Now, decades later, it seems that every five star, gourmet restaurant in the US has a "Ramp" dish on the menu.
"Ramps" aka Allium tricoccum, are really wild leeks. They combine the taste of garlic (Allium sativum) with the taste of onion (Allium cepa), although that's really somewhat of an oversimplification as the taste of "Ramps" is bursting with other so many other flavors and nuances that they leave their actual essence difficult to verbalize. Only your culinary imagination will limit their possibilities in your own kitchen. I use the leaves in salads and stir fries, and chop the bulbs for Miso soup and many other dishes.

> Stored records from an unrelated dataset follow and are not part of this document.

-- ===== src/Algorithms/Absorbing.antt =====
-- crates/hataori-algorithms/src/batch.rs: what a whole reply does to the outputs.
use Prim.Native.String.{String}
use hataori_rs.Prelude.{
  ℕ, ◌+◌, ◌^◌, ◌<◌, ◌≡◌, refl, subst, true, ◌⊎◌, inl, inr, Option, none, some, List, [], ◌∷◌, map,
  ok, ltb, eqb, if◌then◌else◌, length, get_elem?, set, arith, lt-get_elem?, Bool-cases,
}
use hataori_rs.Algorithms.Controller.{ItemReply, PmapFuture, absorb_item, absorb, is_first}
use hataori_rs.Algorithms.Absorb.{covers, Tracks, Segment, kept_value, kept_error}

reply_cases :
    {U : Type 0} (r : ItemReply U)
    → ((v : U) × (r ≡ ItemReply.item_ok v)) ⊎ ((m : String) × (r ≡ ItemReply.item_err m))
reply_cases (ItemReply.item_ok v) = inl (v, refl)
reply_cases (ItemReply.item_err m) = inr (m, refl)

covers-cons :
    {A : Type 0} (i start : ℕ) (x : A) (batch : List A)
    → covers i (start, x ∷ batch) ≡ covers i (start + 1, batch) + (if eqb start i then 1 else 0)
covers-cons i start x batch = ground arith

module _ {A U W F : Type 0} (g : A → ItemReply U) (items : List A)
    (fits : length items < 2 ^ 64) where
  -- The reply to a batch that is owed is taken in whole, and pays for the batch's items.
  pub absorb-Tracks :
      (owed owed' : ℕ → ℕ) (start : ℕ) (batch : List A) (t : PmapFuture A U W F)
      → Tracks g items owed t.outputs t.first_error
      → Segment g items start batch
      → ((i : ℕ) → owed i ≡ owed' i + covers i (start, batch))
      → (outputs : List (Option U)) × (first : Option (ℕ × String)) × (absorb start (map g batch) t
          ≡ (ok tt, record t { outputs = outputs; first_error = first }))
        × Tracks g items owed' outputs first
  unfolding absorb absorb_item
  absorb-Tracks owed owed' start [] t v s less =
      let each : (i : ℕ) → owed i ≡ owed' i = λ i. ground (arith, less i) in
      let same : owed ≡ owed' = λ k i. each i k in
      (t.outputs, t.first_error, refl, subst (λ w. Tracks g items w t.outputs t.first_error) same v)
  absorb-Tracks owed owed' start (x ∷ batch) t v s less =
      let inside : start < length items = lt-get_elem? items start x s.0 in
      let small : ltb start (2 ^ 64) ≡ true = ground arith in
      let owed_mid : ℕ → ℕ = λ i. owed' i + covers i (start + 1, batch) in
      let less_mid : (i : ℕ) → owed i ≡ owed_mid i + (if eqb start i then 1 else 0) =
        λ i. omega (arith, less i, covers-cons i start x batch) in
      elim (reply_cases (g x)) [
        | inl (u, good) ↦
            let due : get_elem? t.outputs start ≡ some none =
              v.open_ start inside (ground (arith, less_mid start)) in
            let t' : PmapFuture A U W F = record t { outputs = set t.outputs start (some u) } in
            let (outputs, first, e, w) =
              absorb-Tracks owed_mid owed' (start + 1) batch t'
                (kept_value g items owed owed_mid start x t.outputs t.first_error v s.0 less_mid u
                  good)
                s.1 (λ i. refl) in
            (outputs, first, rw (good, small, due, e) refl, w)
        | inr (m, bad) ↦ elim (Bool-cases (is_first start t.first_error)) [
          | inl before ↦
              let t' : PmapFuture A U W F = record t { first_error = some (start, m) } in
              let (outputs, first, e, w) =
                absorb-Tracks owed_mid owed' (start + 1) batch t'
                  (kept_error g items owed owed_mid start x t.outputs t.first_error v s.0 less_mid m
                    (some (start, m)) bad (rw before refl))
                  s.1 (λ i. refl) in
              (outputs, first, rw (bad, small, before, e) refl, w)
          | inr after ↦
              let (outputs, first, e, w) =
                absorb-Tracks owed_mid owed' (start + 1) batch t
                  (kept_error g items owed owed_mid start x t.outputs t.first_error v s.0 less_mid m
                    t.first_error bad (rw after refl))
                  s.1 (λ i. refl) in
              (outputs, first, rw (bad, small, after, e) refl, w)
        ]
      ]
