-- ===== src/Algorithms/Filling.antt =====
-- crates/hataori-algorithms/src/batch.rs: what the controller keeps while it fills its slots.
use hataori_rs.Prelude.{
  All-snoc, ℕ, ◌+◌, ◌≤◌, ◌<◌, ◌≡◌, ◌⊎◌, refl, ◌∙◌, subst, List, [], ◌∷◌, ◌++◌, map, Result, ok, err,
  panic, ltb, length, length-append, All, sum_of, sum_of-append, arith, inl, inr, Bool-cases,
  Result-cases,
}
use hataori_rs.Runtime.Errors.{RuntimeError}
use hataori_rs.Algorithms.{AlgorithmError}
use hataori_rs.Algorithms.Controller.{
  BatchAction, BatchReply, ItemReply, Polled, PmapFuture, start_batch, fill_from, larger,
}
use hataori_rs.Algorithms.Absorb.{covers, Tracks, Segment}

-- What an outcome is to be: no panic, and what is asked of a value or an error with its state.
abbrev pub Leads : {S E X : Type 0} → (E → Type 0) → (X → S → Type 0) → Result E X × S → Type 0
Leads Q P (ok x, s) = P x s
Leads Q P (err e, s) = Q e
Leads Q P (panic, s) = ⊥

pub Leads-map :
    {S E X : Type 0} (Q : E → Type 0) (P P' : X → S → Type 0) (r : Result E X × S)
    → ((x : X) (s : S) → P x s → P' x s)
    → Leads Q P r
    → Leads Q P' r
Leads-map Q P P' (ok x, s) h l = h x s l
Leads-map Q P P' (err e, s) h l = l
Leads-map Q P P' (panic, s) h l = l

-- The component that runs batches, as the controller relies on it: it starts a batch or gives an
-- error, and the reply to a batch is what its handler makes of the batch's items. `action_of` is the
-- batch that a future is the reply to.
pub record Serves {A U W F : Type 0} (g : A → ItemReply U)
    (submit : BatchAction A → W → Result RuntimeError F × W) (poll_future : F → W → Polled F U × W)
    (action_of : F → ℕ × List A) : Type 0 where
  pub submits :
      (a : BatchAction A) (w : W) (f : F) → (submit a w).0 ≡ ok f → action_of f ≡ (a.start, a.items)
  pub returns : (a : BatchAction A) (w : W) → ¬ ((submit a w).0 ≡ panic)
  pub waits :
      (f next : F) (w : W)
      → (poll_future f w).0 ≡ Polled.pending next
      → action_of next ≡ action_of f
  pub replies :
      (f : F) (w : W) (r : BatchReply U)
      → (poll_future f w).0 ≡ Polled.finished r
      → (r.start ≡ (action_of f).0) × (r.items ≡ map g (action_of f).1)

abbrev pub IsBatch : {A U : Type 0} → (A → ItemReply U) → List A → ℕ × List A → Type 0
IsBatch g items batch = Segment g items batch.0 batch.1

module _ {A U W F : Type 0} (g : A → ItemReply U) (items : List A)
    (action_of : F → ℕ × List A) where
  -- How many batches still owe an item.
  abbrev pub owed : PmapFuture A U W F → ℕ → ℕ
  owed t i = sum_of (covers i) t.pending + sum_of (λ f. covers i (action_of f)) t.slots

  pub record Inv (t : PmapFuture A U W F) : Type 0 where
    pub tracks : Tracks g items (owed t) t.outputs t.first_error
    pub pending_at : All (IsBatch g items) t.pending
    pub slots_at : All (λ f. IsBatch g items (action_of f)) t.slots
    pub bounded : length t.slots ≤ t.options.inflight_limit
    pub room : 0 < t.options.inflight_limit

  pub retrack :
      (o o' : ℕ → ℕ) (t : PmapFuture A U W F)
      → ((i : ℕ) → o i ≡ o' i)
      → Tracks g items o t.outputs t.first_error
      → Tracks g items o' t.outputs t.first_error
  retrack o o' t same v =
      let each : o ≡ o' = λ k i. same i k in
      subst (λ w. Tracks g items w t.outputs t.first_error) each v

  abbrev pub left : PmapFuture A U W F → ℕ
  left t = length t.pending + length t.slots

  -- No batch waits, unless another is in flight.
  abbrev pub Filled : PmapFuture A U W F → Type 0
  Filled t = (t.pending ≡ []) ⊎ (0 < length t.slots)

  started :
      (t s : PmapFuture A U W F) (start : ℕ) (batch : List A) (rest : List (ℕ × List A)) (f : F)
      → Inv t
      → t.pending ≡ (start, batch) ∷ rest
      → length t.slots < t.options.inflight_limit
      → action_of f ≡ (start, batch)
      → s.pending ≡ rest
      → s.slots ≡ t.slots ++ f ∷ []
      → s.options ≡ t.options
      → s.outputs ≡ t.outputs
      → s.first_error ≡ t.first_error
      → Inv s × (left s ≡ left t)
  started t s start batch rest f v e room here e1 e2 e3 e4 e5 =
      let each : (i : ℕ) → owed t i ≡ owed s i = λ i.
        rw (e, e1, e2, sum_of-append (λ f. covers i (action_of f)) t.slots (f ∷ []), here)
          (omega arith) in
      let at_ : All (IsBatch g items) ((start, batch) ∷ rest) =
        subst (All (IsBatch g items)) e v.pending_at in
      (
        record {
          tracks = rw (e4, e5) (retrack (owed t) (owed s) t each v.tracks);
          pending_at = rw e1 at_.1;
          slots_at =
              rw e2 (
                All-snoc (λ f. IsBatch g items (action_of f)) t.slots f v.slots_at (rw here at_.0));
          bounded = rw (e2, e3) (omega (arith, length-append t.slots (f ∷ [])));
          room = rw e3 v.room;
        },
        rw (e, e1, e2) (omega (arith, length-append t.slots (f ∷ []))),
      )

  module _ (submit : BatchAction A → W → Result RuntimeError F × W)
      (poll_future : F → W → Polled F U × W) (serves : Serves g submit poll_future action_of)
      (Q : AlgorithmError → Type 0)
      (allowed : (e : RuntimeError) → Q (AlgorithmError.runtime e)) where
    pub fill_from-Inv :
        (batches : List (ℕ × List A)) (t : PmapFuture A U W F)
        → t.pending ≡ batches
        → Inv t
        → Leads Q
            (λ _ s. Inv s × (left s ≡ left t) × Filled s)
            (fill_from submit poll_future batches t)
    unfolding fill_from start_batch
    fill_from-Inv [] t e v = (v, refl, inl e)
    fill_from-Inv ((start, batch) ∷ rest) t e v =
        elim (Bool-cases (ltb (length t.slots) t.options.inflight_limit)) [
          | inr full ↦ rw full (v, refl, inr (ground (arith, v.room)))
          | inl room ↦
              let a : BatchAction A = record {
                start = start;
                mode = t.options.local_mode;
                items = batch;
              } in
              elim (Result-cases (submit a t.world).0) [
                | inl (f, sent) ↦
                    let s : PmapFuture A U W F = record t {
                      pending = rest;
                      world = (submit a t.world).1;
                      slots = t.slots ++ f ∷ [];
                      stats = record t.stats {
                        peak_in_flight = larger t.stats.peak_in_flight (length (t.slots ++ f ∷ []));
                        placement_submissions = t.stats.placement_submissions + 1;
                      };
                    } in
                    let (w, same) =
                      started t s start batch rest f v e (ground arith)
                        (serves.submits a t.world f sent) refl refl refl refl refl in
                    rw (room, sent)
                      (Leads-map Q _ _ (fill_from submit poll_future rest s)
                        (λ x r (k, l, filled). (k, l ∙ same, filled)) (fill_from-Inv rest s refl w))
                | inr (inl (x, fails)) ↦ rw (room, fails) (allowed x)
                | inr (inr bad) ↦ absurd (serves.returns a t.world bad)
              ]
        ]
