-- ===== src/Algorithms/Batches.antt =====
-- crates/hataori-algorithms/src/batch.rs: the batches that `build` cuts.
use hataori_rs.Prelude.{
  ℕ, zero, suc, ◌+◌, ◌≤◌, ◌<◌, ◌≡◌, sym, ◌∙◌, ap, subst, List, [], ◌∷◌, length, get_elem?, take,
  drop, All, sum_of, arith,
}
use hataori_rs.Algorithms.Controller.{ItemReply, chunks}
use hataori_rs.Algorithms.Absorb.{covers, Segment}
use hataori_rs.Algorithms.Filling.{IsBatch}

size_take : {X : Type 0} (n : ℕ) (xs : List X) → length (take n xs) + length (drop n xs) ≡ length xs
size_take zero xs = omega arith
size_take (suc n) [] = omega arith
size_take (suc n) (x ∷ xs) = omega (arith, size_take n xs)

covers-split :
    {A : Type 0} (i start n : ℕ) (xs : List A)
    → covers i (start, xs)
      ≡ covers i (start, take n xs) + covers i (start + length (take n xs), drop n xs)
covers-split i start n xs = ground (arith, size_take n xs)

-- One item is in as many batches as in the list that they are cut from.
pub covers-chunks :
    {A : Type 0} (n size i start : ℕ) (xs : List A)
    → 0 < size
    → length xs ≤ n
    → sum_of (covers i) (chunks n size start xs) ≡ covers i (start, xs)
unfolding chunks
covers-chunks zero size i start [] p h = ground arith
covers-chunks zero size i start (x ∷ xs) p h = absurd (omega arith)
covers-chunks (suc n) size i start [] p h = ground arith
covers-chunks (suc n) zero i start (x ∷ xs) p h = absurd (omega arith)
covers-chunks (suc n) (suc k) i start (x ∷ xs) p h =
    let rest =
      covers-chunks n (suc k) i (start + length (take (suc k) (x ∷ xs))) (drop k xs) p
        (omega (arith, size_take k xs)) in
    omega (arith, rest, covers-split i start (suc k) (x ∷ xs))

module _ {A U : Type 0} (g : A → ItemReply U) (items : List A) where
  Segment-take :
      (n start : ℕ) (xs : List A)
      → Segment g items start xs
      → Segment g items start (take n xs) × Segment g items (start + length (take n xs)) (drop n xs)
  Segment-take zero start xs h = (tt, subst (λ k. Segment g items k xs) (omega arith) h)
  Segment-take (suc n) start [] h = (tt, tt)
  Segment-take (suc n) start (x ∷ xs) h =
      let (front, back) = Segment-take n (start + 1) xs h.1 in
      ((h.0, front), subst (λ k. Segment g items k (drop n xs)) (omega arith) back)

  pub chunks-IsBatch :
      (n size start : ℕ) (xs : List A)
      → Segment g items start xs
      → All (IsBatch g items) (chunks n size start xs)
  unfolding chunks
  chunks-IsBatch zero size start xs h = tt
  chunks-IsBatch (suc n) size start [] h = tt
  chunks-IsBatch (suc n) size start (x ∷ xs) h =
      let (front, back) = Segment-take size start (x ∷ xs) h in
      (front, chunks-IsBatch n size (start + length (take size (x ∷ xs))) (drop size (x ∷ xs)) back)

  pub whole-Segment :
      (k : ℕ) (xs : List A)
      → ((i : ℕ) → get_elem? xs i ≡ get_elem? items (k + i))
      → Segment g items k xs
  whole-Segment k [] h = tt
  whole-Segment k (x ∷ xs) h = (
    sym (h 0 ∙ ap (get_elem? items) (omega arith)),
    whole-Segment (k + 1) xs (λ i. h (suc i) ∙ ap (get_elem? items) (omega arith)),
  )
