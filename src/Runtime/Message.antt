-- ===== src/Runtime/Message.antt =====
-- crates/hataori-runtime/src/wire.rs: runtime messages.
use hataori_rs.Prelude.{ℕ, List, Bool, ◌&&◌, ◌↔◌, ◌≡◌, true, arith, Key, eqb}
use hataori_rs.Protocol.Ids.{ActionId, DomainId, RequestId}

pub data RuntimeMessageKind : Type 0 where
  request success failure cancel cancelled : RuntimeMessageKind
  duplicate_result_unavailable moved : RuntimeMessageKind

abbrev pub Segments : Type 0
Segments = List (List ℕ)

pub record RuntimeMessage : Type 0 where
  pub kind : RuntimeMessageKind
  pub request : RequestId
  pub action : ActionId
  pub domain : DomainId
  pub deadline_ms : ℕ
  pub payload : Segments

abbrev pub request_beq : RequestId → RequestId → Bool
request_beq a b = eqb a.origin b.origin && eqb a.sequence b.sequence

pub request_beq_iff : (a b : RequestId) → (request_beq a b ≡ true) ↔ (a ≡ b)
request_beq_iff a b = ground arith

instance abbrev pub request_key : Key RequestId
request_key = record { same = request_beq; same_iff = request_beq_iff }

But besides being delicious, they're also a highly interesting and desirable landscape plant for the shade garden. They emerge from bare ground in early Spring with very supple medium green foliage and stand about 6" - 12" tall. When these leaves disappear, you get 8" - 12" sturdy flower stems topped with lovely white flowers. These flowers eventually get pollinated and reveal their very attractive shiny black seeds. "Ramps" are very easy to grow from seed, and the bulbs usually double and form new bulbs that you can pull apart and replant.
Here in WV, "Ramps" are celebrated like saints and holidays. There are many "Ramp Suppers" run by various chambers of commerce and volunteer fire departments etc.
These woodland treasures are becoming so popular that even Martha Stewart put up a page of 15 recipes for cooking with "Ramps", and here's another 7 recipes for you. Would you believe that Arianna Huffington has her own "Ramp" recipes. I even found quick and easy directions for making "Ramp Butter"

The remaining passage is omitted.